##### PROVIDED MATERIAL

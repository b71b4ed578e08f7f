-- ===== src/Torch/Identity/Sound.antt =====
-- native/src/training/nn_v2_state.h: the identities that the cache gives out are distinct.
use tensora.Core.Status.{Status, fail_internal}
use tensora.Float.{Float32}
use tensora.Tensor.{Tensor}
use tensora.Torch.Backend.{tensor_to_torch}
use tensora.Heap.{guarded}
use tensora.Torch.Library.{Torch, TorchHost, Torched, on_heap_of}
use tensora.Steps.Frame.{and_then-done, done-value}
use tensora.Steps.{Result, check, to_caller, ◌>>◌}
use tensora.Torch.Identity.Distinct.{
  IsSound, Answered, Distinct-prune_expired, find_identity-prune_expired, identity_key, with_entry,
  given, nonzero, given-Answered, bound,
}
use tensora.Torch.Identity.{
  torch_identity, TorchImpls, IdentityState, on_identity_host, take_next, remember_identity,
  assign_identity, answer_identity, TorchIdentityEntry, IdentityCache, prune_expired, find_identity,
}
use tensora.Prelude.{
  ℕ, ◌+◌, ◌%◌, ◌^◌, ◌==◌, ◌≡◌, ◌≢◌, ◌↔◌, refl, sym, ap, ◌∙◌, subst, not, Bool, true, false, Option,
  none, some,
}

module _ {F X R : Type 0} where
  on_identity_host-cache :
      {B : Type 0} (m : Torched F X R B) (b : B) (s t : IdentityState F X R)
      → on_identity_host m s ≡ (Result.done b, t)
      → t.cache ≡ s.cache
  on_identity_host-cache {B} m b s t e =
      ap (λ (r : Result B × IdentityState F X R). r.1.cache) (sym e)

  -- The identity that is taken, and the cache after.
  taken :
      (b : Bool) (e : Status) (i : ℕ) (s t : IdentityState F X R)
      → (check b e >> take_next) s ≡ (Result.done i, t)
      → (b ≡ true)
        × (i ≡ s.cache.next)
        × (t.cache ≡ record s.cache { next = (s.cache.next + 1) % 2 ^ 64 })
  taken true e i s t h = (refl, cc, ap (λ (r : Result ℕ × IdentityState F X R). r.1.cache) (sym h))
  taken false e i s t h = cc

  remember_identity-cache :
      (key a i : ℕ) (v s' : IdentityState F X R)
      → remember_identity key a v ≡ (Result.done i, s')
      → (i ≡ a) × (s'.cache ≡ with_entry key a v.cache)
  remember_identity-cache key a i v s' e =
      (cc, ap (λ (r : Result ℕ × IdentityState F X R). r.1.cache) (sym e))

  assign_identity-cache :
      (key i : ℕ) (s s' : IdentityState F X R)
      → assign_identity key s ≡ (Result.done i, s')
      → (i ≡ s.cache.next) × (s.cache.next ≢ 0) × (s'.cache ≡ given key s.cache)
  unfolding assign_identity
  assign_identity-cache key i s s' e =
      let (a, u, first, rest) =
        and_then-done
          ((check (not (s.cache.next == 0))
                (fail_internal "tensor_identity: opaque identity space exhausted")
              >> take_next)
            s)
          _ i s' e in
      let (left, same, taking) = taken (not (s.cache.next == 0)) _ a s u first in
      let (one, v, allocated, last) =
        and_then-done (on_identity_host (on_heap_of (guarded "tensor_identity" 0)) u) _ i s' rest in
      let kept =
        on_identity_host-cache (on_heap_of (guarded "tensor_identity" 0)) one u v allocated
        ∙ taking in
      let (given_a, after) = remember_identity-cache key a i v s' last in
      (
        given_a ∙ same,
        nonzero s.cache.next left,
        after
            ∙ ap (with_entry key a) kept
            ∙ ap (λ n. with_entry key n (record s.cache { next = (s.cache.next + 1) % 2 ^ 64 }))
                same,
      )

  answer_identity-Answered :
      (expired : ℕ → Bool) (key i : ℕ) (before : IdentityCache) (s s' : IdentityState F X R)
      → IsSound before
      → s.cache ≡ record before { identities = prune_expired expired before.identities }
      → (found : Option TorchIdentityEntry)
      → find_identity key (prune_expired expired before.identities) ≡ found
      → answer_identity key found s ≡ (Result.done i, s')
      → Answered expired key before i s'.cache
  unfolding answer_identity
  answer_identity-Answered expired key i before s s' sound pruned (some x) has e =
      subst (λ c. Answered expired key before i c)
        (sym pruned ∙ ap (λ (r : Result ℕ × IdentityState F X R). r.1.cache) e)
        (
          (sound.0, Distinct-prune_expired expired (bound before.next) before.identities sound.1),
          (x, has, done-value x.identity i s s' e),
          λ k y lives there.
              find_identity-prune_expired expired (bound before.next) k before.identities y sound.1
                lives there,
        )
  answer_identity-Answered expired key i before s s' sound pruned none missing e =
      let (next, more, after) = assign_identity-cache key i s s' e in
      let kept : IdentityCache = record before {
        identities = prune_expired expired before.identities;
      } in
      subst (λ c. Answered expired key before i c) (sym (after ∙ ap (given key) pruned))
        (subst (λ n. Answered expired key before n (given key kept))
          (sym (next ∙ ap (λ (c : IdentityCache). c.next) pruned))
          (given-Answered expired key before sound
            (subst (λ n. n ≢ 0) (ap (λ (c : IdentityCache). c.next) pruned) more) missing))

module _ {F X R : Type 0} (torch : Torch F X R) (impls : TorchImpls X R) ⦃fl : Float32 F⦄ where
  -- What TorchIdentity leaves of the cache.
  torch_identity-Answered :
      (t : Tensor) (x : X) (i : ℕ) (s s' : IdentityState F X R) (h : TorchHost F X R)
      → IsSound s.cache
      → tensor_to_torch torch t to_caller s.host ≡ (Result.done x, h)
      → torch_identity torch impls t s ≡ (Result.done i, s')
      → Answered (λ w. impls.expired w h.runtime) (impls.address x) s.cache i s'.cache
  unfolding torch_identity
  torch_identity-Answered t x i s s' h sound goes e =
      answer_identity-Answered _ (impls.address x) i s.cache _ s' sound refl _ refl (rw goes at e)

  -- In a cache whose entries have distinct keys and distinct identities, the next one above them, two
  -- calls of TorchIdentity that succeed leave such a cache. Where the tensor of libtorch of the first
  -- call is still owned at the second one, they give one identity exactly when the two tensors are one.
  pub torch_identity_iff :
      (t u : Tensor) (x y : X) (i j : ℕ) (s s' s'' : IdentityState F X R) (h h' : TorchHost F X R)
      → IsSound s.cache
      → tensor_to_torch torch t to_caller s.host ≡ (Result.done x, h)
      → torch_identity torch impls t s ≡ (Result.done i, s')
      → tensor_to_torch torch u to_caller s'.host ≡ (Result.done y, h')
      → torch_identity torch impls u s' ≡ (Result.done j, s'')
      → impls.expired (impls.address x) h'.runtime ≡ false
      → IsSound s''.cache × ((i ≡ j) ↔ (impls.address x ≡ impls.address y))
  torch_identity_iff t u x y i j s s' s'' h h' sound goes first goes' second owned =
      let (sound', (e, has, is_i), _) = torch_identity-Answered t x i s s' h sound goes first in
      let (sound'', (f, has', is_j), stays) =
        torch_identity-Answered u y j s' s'' h' sound' goes' second in
      let kept = stays (impls.address x) e owned has in
      (
        sound'',
        (
          (λ same.
              identity_key (bound s''.cache.next) _ _ s''.cache.identities e f sound''.1 kept has'
                (is_i ∙ same ∙ sym is_j)),
          (λ same. cc (is_i, is_j, kept, has', same)),
        ),
      )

##########

> **WORK INSTRUCTION**
Take the lines above from the one containing "unfolding answer_identity" down to the one containing "(sym (next ∙", and transcribe them exactly, both ends included.

> **EXERCISE SOLUTION**
  unfolding answer_identity
  answer_identity-Answered expired key i before s s' sound pruned (some x) has e =
      subst (λ c. Answered expired key before i c)
        (sym pruned ∙ ap (λ (r : Result ℕ × IdentityState F X R). r.1.cache) e)
        (
          (sound.0, Distinct-prune_expired expired (bound before.next) before.identities sound.1),
          (x, has, done-value x.identity i s s' e),
          λ k y lives there.
              find_identity-prune_expired expired (bound before.next) k before.identities y sound.1
                lives there,
        )
  answer_identity-Answered expired key i before s s' sound pruned none missing e =
      let (next, more, after) = assign_identity-cache key i s s' e in
      let kept : IdentityCache = record before {
        identities = prune_expired expired before.identities;
      } in
      subst (λ c. Answered expired key before i c) (sym (after ∙ ap (given key) pruned))
        (subst (λ n. Answered expired key before n (given key kept))
          (sym (next ∙ ap (λ (c : IdentityCache). c.next) pruned))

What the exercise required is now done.